> **Data for review**:
_ _ _ _

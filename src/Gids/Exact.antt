-- ===== src/Gids/Exact.antt =====
-- _gids_map_create of src/munged/gids.c against the group database as it stands.
use munge.Prelude.{
  ℕ, ◌≡◌, refl, ap, ◌∙◌, arith, ◌==◌, List, [], ◌∷◌, Bool, false, ◌&&◌, ◌||◌, ◌⊎◌, Option, none,
  some, inl, inr,
}
use munge.Prelude.Bytes.{All}
use munge.Gids.Keys.{uid_keys, user_keys}
use munge.Gids.Maps.{IsMap}
use munge.Gids.Adding.{Adds, gid_add-Adds, IsAmple, gid_add-is_refused, is_refused}
use munge.Gids.Users.{uid_of, IsCache, Keeps, user_to_uid-Answers}
use munge.Gids.Build.{
  GroupReading, group_entry, interrupted, no_more_entries, buffer_too_small, query_failed, Progress,
  going, err, keep_added, add_user, then_go, add_members,
}
use munge.Gids.{
  Scan, Member, Lookup, Added, added, present, refused_entry, user_to_uid, gid_add, member_in,
}

-- A user with the uid is among the members of a group.
unfoldable pub is_uid : Option ℕ → ℕ → Bool
is_uid none u = false
is_uid (some uid) u = uid == u

unfoldable pub lists_user : (List ℕ → Lookup) → List Member → ℕ → Bool
lists_user passwd [] u = false
lists_user passwd (m ∷ ms) u = is_uid (uid_of (passwd m.user)) u || lists_user passwd ms u

-- Whether the entries since the last restart put the user into the group; `so_far` is what those
-- before the list say.
unfoldable pub grants : (List ℕ → Lookup) → Bool → List GroupReading → ℕ → ℕ → Bool
grants passwd so_far [] u gid = so_far
grants passwd so_far (group_entry g ms ∷ es) u gid =
    grants passwd (so_far || g == gid && lists_user passwd ms u) es u gid
grants passwd so_far (interrupted ∷ es) u gid = grants passwd so_far es u gid
grants passwd so_far (no_more_entries ∷ es) u gid = so_far
grants passwd so_far (query_failed ∷ es) u gid = so_far
grants passwd so_far (buffer_too_small ∷ es) u gid = grants passwd false es u gid

-- The state holds a well-formed map of the relation, and a right cache.
pub record Holds (passwd : List ℕ → Lookup) (rel : ℕ → ℕ → Bool) (s : Scan) : Type 0 where
  pub is_map : IsMap s.map
  pub members : (u g : ℕ) → member_in s.map u g ≡ rel u g
  pub cache : IsCache passwd s.uids

-- `bad` is what a failed allocation may stand for: a trivial type, or an empty one where memory is.
abbrev pub IsServed : Type 0 → (List ℕ → Lookup) → Member → Type 0
IsServed bad passwd m = (m.passwd ≡ passwd m.user) × (IsAmple m.memory ⊎ bad)

module _ (passwd : List ℕ → Lookup) (bad : Type 0) where
  abbrev pub Goes : (ℕ → ℕ → Bool) → Progress → Type 0
  Goes rel (going s) = Holds passwd rel s
  Goes rel (err s) = bad

  abbrev joined : (ℕ → ℕ → Bool) → Option ℕ → ℕ → ℕ → ℕ → Bool
  joined rel o gid u g = rel u g || gid == g && is_uid o u

  keep_added-Goes :
      (rel : ℕ → ℕ → Bool) (s : Scan) (uid gid : ℕ) (r : Added)
      → Holds passwd rel s
      → Adds s.map uid gid r
      → (is_refused r ≡ false) ⊎ bad
      → Goes (joined rel (some uid) gid) (keep_added s r)
  unfolding keep_added is_uid is_refused
  keep_added-Goes rel s uid gid (added m a) h x o = record {
    is_map = x.is_map;
    members = λ u g. x.members u g ∙ rw (h.members u g) (ground arith);
    cache = h.cache;
  }
  keep_added-Goes rel s uid gid (present m a) h x o = record {
    is_map = x.is_map;
    members = λ u g. x.members u g ∙ rw (h.members u g) (ground arith);
    cache = h.cache;
  }
  keep_added-Goes rel s uid gid (refused_entry m a) h x (inl e) = cc
  keep_added-Goes rel s uid gid (refused_entry m a) h x (inr b) = b

  Holds-Keeps :
      (rel : ℕ → ℕ → Bool) (s t : Scan) → Holds passwd rel s → Keeps passwd s t → Holds passwd rel t
  Holds-Keeps rel s t h k = record {
    is_map = rw (k.same_map) h.is_map;
    members = λ u g. ap (λ m. member_in m u g) k.same_map ∙ h.members u g;
    cache = k.cache;
  }

  add_user-Goes :
      (rel : ℕ → ℕ → Bool) (m : Member) (gid : ℕ) (o : Option ℕ) (t : Scan)
      → Holds passwd rel t
      → IsAmple m.memory ⊎ bad
      → Goes (joined rel o gid) (add_user m gid (o, t))
  unfolding add_user is_uid
  add_user-Goes rel m gid none t h served = record {
    is_map = h.is_map;
    members = λ u g. h.members u g ∙ ground arith;
    cache = h.cache;
  }
  add_user-Goes rel m gid (some uid) t h served =
      keep_added-Goes rel t uid gid _ h (gid_add-Adds m.memory t.map t.arena uid gid h.is_map)
        (never_refused served)
    where
      never_refused :
          IsAmple m.memory ⊎ bad
          → (is_refused (gid_add m.memory t.map t.arena uid gid) ≡ false) ⊎ bad
      never_refused (inl ample) =
          inl (gid_add-is_refused m.memory t.map t.arena uid gid h.is_map ample)
      never_refused (inr b) = inr b

  pub Holds-ext :
      (rel rel' : ℕ → ℕ → Bool) (s : Scan)
      → ((u g : ℕ) → rel u g ≡ rel' u g)
      → Holds passwd rel s
      → Holds passwd rel' s
  Holds-ext rel rel' s e h = record {
    is_map = h.is_map;
    members = λ u g. h.members u g ∙ e u g;
    cache = h.cache;
  }

  Goes-ext :
      (rel rel' : ℕ → ℕ → Bool) (r : Progress)
      → ((u g : ℕ) → rel u g ≡ rel' u g)
      → Goes rel r
      → Goes rel' r
  Goes-ext rel rel' (going s) e h = Holds-ext rel rel' s e h
  Goes-ext rel rel' (err s) e h = h

  -- One user: looked up, then added.
  user-Goes :
      (rel : ℕ → ℕ → Bool) (s : Scan) (m : Member) (gid : ℕ)
      → Holds passwd rel s
      → IsServed bad passwd m
      → Goes (joined rel (uid_of (passwd m.user)) gid) (add_user m gid (user_to_uid s m))
  user-Goes rel s m gid h served =
      let a = user_to_uid-Answers passwd s m h.cache served.0 in
      Goes-ext (joined rel (user_to_uid s m).0 gid) _ _ (λ u g. rw (a.uid) refl)
        (add_user-Goes rel m gid (user_to_uid s m).0 (user_to_uid s m).1
          (Holds-Keeps rel s (user_to_uid s m).1 h a.keeps) served.1)

  then_go-Goes :
      (rel rel' : ℕ → ℕ → Bool) (r : Progress) (f : Scan → Progress)
      → Goes rel r
      → ((t : Scan) → Holds passwd rel t → Goes rel' (f t))
      → Goes rel' (then_go r f)
  unfolding then_go
  then_go-Goes rel rel' (going t) f h k = k t h
  then_go-Goes rel rel' (err t) f h k = h

  abbrev pub with_group : (ℕ → ℕ → Bool) → ℕ → List Member → ℕ → ℕ → Bool
  with_group rel gid ms u g = rel u g || gid == g && lists_user passwd ms u

  pub add_members-Goes :
      (ms : List Member) (rel : ℕ → ℕ → Bool) (s : Scan) (gid : ℕ)
      → Holds passwd rel s
      → All (IsServed bad passwd) ms
      → Goes (with_group rel gid ms) (add_members s gid ms)
  unfolding add_members lists_user
  add_members-Goes [] rel s gid h c = Holds-ext rel _ s (λ u g. ground arith) h
  add_members-Goes (m ∷ ms) rel s gid h c =
      let first = joined rel (uid_of (passwd m.user)) gid in
      then_go-Goes first (with_group rel gid (m ∷ ms)) _ (λ t. add_members t gid ms)
        (user-Goes rel s m gid h c.0)
        (λ t k.
          Goes-ext (with_group first gid ms) _ _ (λ u g. ground arith)
            (add_members-Goes ms first t gid k c.1))
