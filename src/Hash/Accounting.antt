-- ===== src/Hash/Accounting.antt =====
-- The operations on a table and the nodes that it takes from a free list, of which other tables have
-- taken nodes too.
use munge.Prelude.{
  ℕ, zero, suc, ◌+◌, ◌≡◌, refl, sym, ap, ◌∙◌, arith, List, [], ◌∷◌, Bool, Option-cases, none, inl,
  inr, length,
}
use munge.Prelude.{get_or, length-append}
use munge.Hash.Chain.{Keys, Node, chain_find, chain_items}
use munge.Hash.Nodes.{
  Arena, Accounts, node_alloc, node_free, node_alloc-Accounts, node_free_all, node_free_all-free,
}
use munge.Hash.View.{IsValid, total}
use munge.Hash.Table.{
  insert_eexist, insert_enomem, insert_new, remove_absent, remove_found, delete_if_survivors,
}
use munge.Hash.{
  Hash, Inserted, inserted, refused, find, slot, chain_at, insert, remove, delete_if, reset,
  reset_chains,
}

pub data Op (K D : Type 0) : Type 0 where
  inserts : Bool → K → D → Op K D
  removes : K → Op K D
  deletes : (D → K → Bool) → Op K D
  resets : Op K D

module _ {K D : Type 0} ⦃keys : Keys K⦄ where
  -- A refused insertion leaves table and nodes as they were.
  abbrev pub after_insert : Hash K D × Arena → Inserted K D → Hash K D × Arena
  after_insert s (inserted h a) = (h, a)
  after_insert s (refused e) = s

  unfoldable pub step : Op K D → Hash K D × Arena → Hash K D × Arena
  step (inserts mem k d) (h, a) = after_insert (h, a) (insert mem h a k d)
  step (removes k) (h, a) = ((remove h a k).1, (remove h a k).2)
  step (deletes f) (h, a) = ((delete_if f h a).1, (delete_if f h a).2)
  step resets (h, a) = ((reset h a).0, (reset h a).2)

  -- The table is valid, and every node that was ever allocated is in it, in another table, or free;
  -- `other` is the number of nodes in other tables.
  abbrev pub IsSound : ℕ → Hash K D × Arena → Type 0
  IsSound other (h, a) = IsValid h × Accounts (other + h.count) a

  insert-IsSound :
      (other : ℕ) (mem : Bool) (k : K) (d : D) (h : Hash K D) (a : Arena)
      → IsSound other (h, a)
      → IsSound other (after_insert (h, a) (insert mem h a k d))
  insert-IsSound other mem k d h a (v, n) = elim (Option-cases (find h k)) [
    | inr (old, e) ↦ rw (insert_eexist mem h a k d old e) (v, n)
    | inl e ↦ elim (Option-cases (node_alloc mem a)) [
      | inl m ↦ rw (insert_enomem mem h a k d e m) (v, n)
      | inr (a', m) ↦
          let (h', run, s) = insert_new mem h a a' k d v e m in
          let used = node_alloc-Accounts mem a a' (other + h.count) m n in
          rw run (s.valid, rw s.counted (omega (arith, used)))
    ]
  ]

  remove-IsSound :
      (other : ℕ) (k : K) (h : Hash K D) (a : Arena)
      → IsSound other (h, a)
      → IsSound other ((remove h a k).1, (remove h a k).2)
  remove-IsSound other k h a (v, n) = elim (Option-cases (find h k)) [
    | inl e ↦ rw (remove_absent h a k e) (v, n)
    | inr (d, e) ↦
        let (h', run, s, entry) = remove_found h a k d v e in
        rw run (s.valid, rw s.counted (unfold node_free in omega arith))
  ]

  reset_chains-get_or : (t : List (List (Node K D))) (i : ℕ) → get_or (reset_chains t).0 i [] ≡ []
  unfolding reset_chains
  reset_chains-get_or [] i = refl
  reset_chains-get_or (c ∷ t) zero = refl
  reset_chains-get_or (c ∷ t) (suc i) = reset_chains-get_or t i

  length-reset_chains : (t : List (List (Node K D))) → length (reset_chains t).0 ≡ length t
  unfolding reset_chains
  length-reset_chains [] = refl
  length-reset_chains (c ∷ t) = ap suc (length-reset_chains t)

  length-chain_items : (c : List (Node K D)) → length (chain_items c) ≡ length c
  unfolding chain_items
  length-chain_items [] = refl
  length-chain_items (n ∷ c) = ap suc (length-chain_items c)

  total-reset_chains :
      (t : List (List (Node K D)))
      → (total (reset_chains t).0 ≡ 0) × (length (reset_chains t).1 ≡ total t)
  unfolding reset_chains total
  total-reset_chains [] = (refl, refl)
  total-reset_chains (c ∷ t) =
      let (none_left, gone) = total-reset_chains t in
      (rw none_left (omega arith), rw (length-append, length-chain_items) (omega arith))

  -- `hash_reset` leaves a valid table that finds nothing, deletes as many items as the count said,
  -- and frees a node for each.
  pub reset_empties :
      (h : Hash K D) (a : Arena)
      → IsValid h
      → IsValid (reset h a).0
        × ((reset h a).0.count ≡ 0)
        × (length (reset h a).1 ≡ h.count)
        × ((reset h a).2 ≡ node_free_all h.count a)
        × ((q : K) → find (reset h a).0 q ≡ none)
  unfolding reset find chain_at
  reset_empties h a v =
      let (none_left, gone) = total-reset_chains h.table in
      (
        record {
          positive = v.positive;
          sized = length-reset_chains h.table ∙ v.sized;
          chains = λ i. rw (reset_chains-get_or h.table i) (tt, tt);
          counted = sym none_left;
        },
        refl,
        gone ∙ sym v.counted,
        ap (λ n. node_free_all n a) (gone ∙ sym v.counted),
        λ q. rw (reset_chains-get_or h.table (slot h q)) (unfold chain_find in refl),
      )

  pub step-IsSound :
      (other : ℕ) (op : Op K D) (s : Hash K D × Arena) → IsSound other s → IsSound other (step op s)
  unfolding step
  step-IsSound other (inserts mem k d) (h, a) s = insert-IsSound other mem k d h a s
  step-IsSound other (removes k) (h, a) s = remove-IsSound other k h a s
  step-IsSound other (deletes f) (h, a) (v, n) =
      let (valid, counted, freed, finds) = delete_if_survivors f h a v in
      (valid, rw freed (omega (arith, node_free_all-free (length (delete_if f h a).0) a)))
  step-IsSound other resets (h, a) (v, n) =
      let (valid, counted, gone, freed, finds) = reset_empties h a v in
      (valid, rw (freed, counted) (omega (arith, node_free_all-free h.count a)))
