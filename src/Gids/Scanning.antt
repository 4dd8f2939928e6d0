-- ===== src/Gids/Scanning.antt =====
-- The pass of _gids_map_create of src/munged/gids.c over the group database, with its restarts.
use munge.Prelude.{
  ℕ, ◌+◌, ◌≡◌, refl, sym, ◌∙◌, ltb, List, [], ◌∷◌, Bool, true, false, ◌&&◌, ◌⊎◌, none, some, inl,
  inr, Bool-cases,
}
use munge.Prelude.Bytes.{All}
use munge.Hash.{find}
use munge.Hash.View.{IsValid}
use munge.Hash.Accounting.{reset_empties}
use munge.Gids.Keys.{uid_keys, user_keys}
use munge.Gids.Users.{IsCache}
use munge.Gids.Exact.{Holds, IsServed, Goes, with_group, add_members-Goes, Holds-ext, grants}
use munge.Gids.Build.{
  GroupReading, group_entry, interrupted, no_more_entries, buffer_too_small, query_failed, Progress,
  going, err, Scanned, finished, failed, unfinished, then_scan, empty_map, scan, max_inits,
}
use munge.Gids.{Scan, Lookup, member_in, member_at}

abbrev pub EntryServed : Type 0 → (List ℕ → Lookup) → GroupReading → Type 0
EntryServed bad passwd (group_entry gid ms) = All (IsServed bad passwd) ms
EntryServed bad passwd interrupted = Unit
EntryServed bad passwd no_more_entries = Unit
EntryServed bad passwd buffer_too_small = Unit
EntryServed bad passwd query_failed = Unit

-- Whether the answers end a pass before an error, with at most sixteen passes.
unfoldable pub ends_well : ℕ → List GroupReading → Bool
ends_well num_inits [] = false
ends_well num_inits (group_entry gid ms ∷ es) = ends_well num_inits es
ends_well num_inits (interrupted ∷ es) = ends_well num_inits es
ends_well num_inits (no_more_entries ∷ es) = true
ends_well num_inits (query_failed ∷ es) = false
ends_well num_inits (buffer_too_small ∷ es) =
    ltb num_inits max_inits && ends_well (num_inits + 1) es

abbrev nobody : ℕ → ℕ → Bool
nobody u g = false

-- A map whose table finds nothing holds the empty relation.
pub Holds-nobody :
    (passwd : List ℕ → Lookup) (s : Scan)
    → IsValid s.map.hash
    → ((q : ℕ) → find s.map.hash q ≡ none)
    → IsCache passwd s.uids
    → Holds passwd nobody s
unfolding member_in member_at
Holds-nobody passwd s v e c = record {
  is_map = record { valid = v; heads = λ u p found. absurd (nothing_found (sym (e u) ∙ found)) };
  members = λ u g. rw (e u) refl;
  cache = c;
}
  where
    nothing_found : {p : ℕ} → none ≡ some p → ⊥
    nothing_found x = cc

module _ (passwd : List ℕ → Lookup) (bad : Type 0) where
  -- What a pass may end with, where the answers end well or not.
  abbrev pub Ends : (ℕ → ℕ → Bool) → Bool → Scanned → Type 0
  Ends rel well (finished s) = Holds passwd rel s
  Ends rel well (failed s) = (well ≡ false) ⊎ bad
  Ends rel well unfinished = well ≡ false

  Ends-ext :
      (rel rel' : ℕ → ℕ → Bool) (well : Bool) (r : Scanned)
      → ((u g : ℕ) → rel u g ≡ rel' u g)
      → Ends rel well r
      → Ends rel' well r
  Ends-ext rel rel' well (finished s) e h = Holds-ext passwd bad rel rel' s e h
  Ends-ext rel rel' well (failed s) e h = h
  Ends-ext rel rel' well unfinished e h = h

  then_scan-Ends :
      (rel rel' : ℕ → ℕ → Bool) (well : Bool) (r : Progress) (f : Scan → Scanned)
      → Goes passwd bad rel r
      → ((t : Scan) → Holds passwd rel t → Ends rel' well (f t))
      → Ends rel' well (then_scan r f)
  unfolding then_scan
  then_scan-Ends rel rel' well (going t) f h k = k t h
  then_scan-Ends rel rel' well (err t) f h k = inr h

  empty_map-Holds :
      (rel : ℕ → ℕ → Bool) (s : Scan) → Holds passwd rel s → Holds passwd nobody (empty_map s)
  unfolding empty_map
  empty_map-Holds rel s h =
      let (v, count, gone, nodes, finds) = reset_empties s.map.hash s.arena h.is_map.valid in
      Holds-nobody passwd _ v finds h.cache

  abbrev pub granted : (ℕ → ℕ → Bool) → List GroupReading → ℕ → ℕ → Bool
  granted rel es u g = grants passwd (rel u g) es u g

  pub scan-Ends :
      (es : List GroupReading) (num_inits : ℕ) (rel : ℕ → ℕ → Bool) (s : Scan)
      → Holds passwd rel s
      → All (EntryServed bad passwd) es
      → Ends (granted rel es) (ends_well num_inits es) (scan num_inits s es)
  unfolding scan grants ends_well
  scan-Ends [] n rel s h c = refl
  scan-Ends (group_entry gid ms ∷ es) n rel s h c =
      then_scan-Ends (with_group passwd bad rel gid ms) _ _ _ (λ t. scan n t es)
        (add_members-Goes passwd bad ms rel s gid h c.0)
        (λ t k. scan-Ends es n (with_group passwd bad rel gid ms) t k c.1)
  scan-Ends (interrupted ∷ es) n rel s h c = scan-Ends es n rel s h c.1
  scan-Ends (no_more_entries ∷ es) n rel s h c = h
  scan-Ends (query_failed ∷ es) n rel s h c = inl refl
  scan-Ends (buffer_too_small ∷ es) n rel s h c =
      let again = scan-Ends es (n + 1) nobody (empty_map s) (empty_map-Holds rel s h) c.1 in
      elim (Bool-cases (ltb n max_inits)) [ inl t ↦ rw t again | inr t ↦ rw t (inl refl) ]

_ _ _ _

Within the material above, the line with "-- A refused" opens the range and the line with "unfoldable pub step" closes it; reproduce that range word for word.

  -- A refused insertion leaves table and nodes as they were.
  abbrev pub after_insert : Hash K D × Arena → Inserted K D → Hash K D × Arena
  after_insert s (inserted h a) = (h, a)
  after_insert s (refused e) = s

  unfoldable pub step : Op K D → Hash K D × Arena → Hash K D × Arena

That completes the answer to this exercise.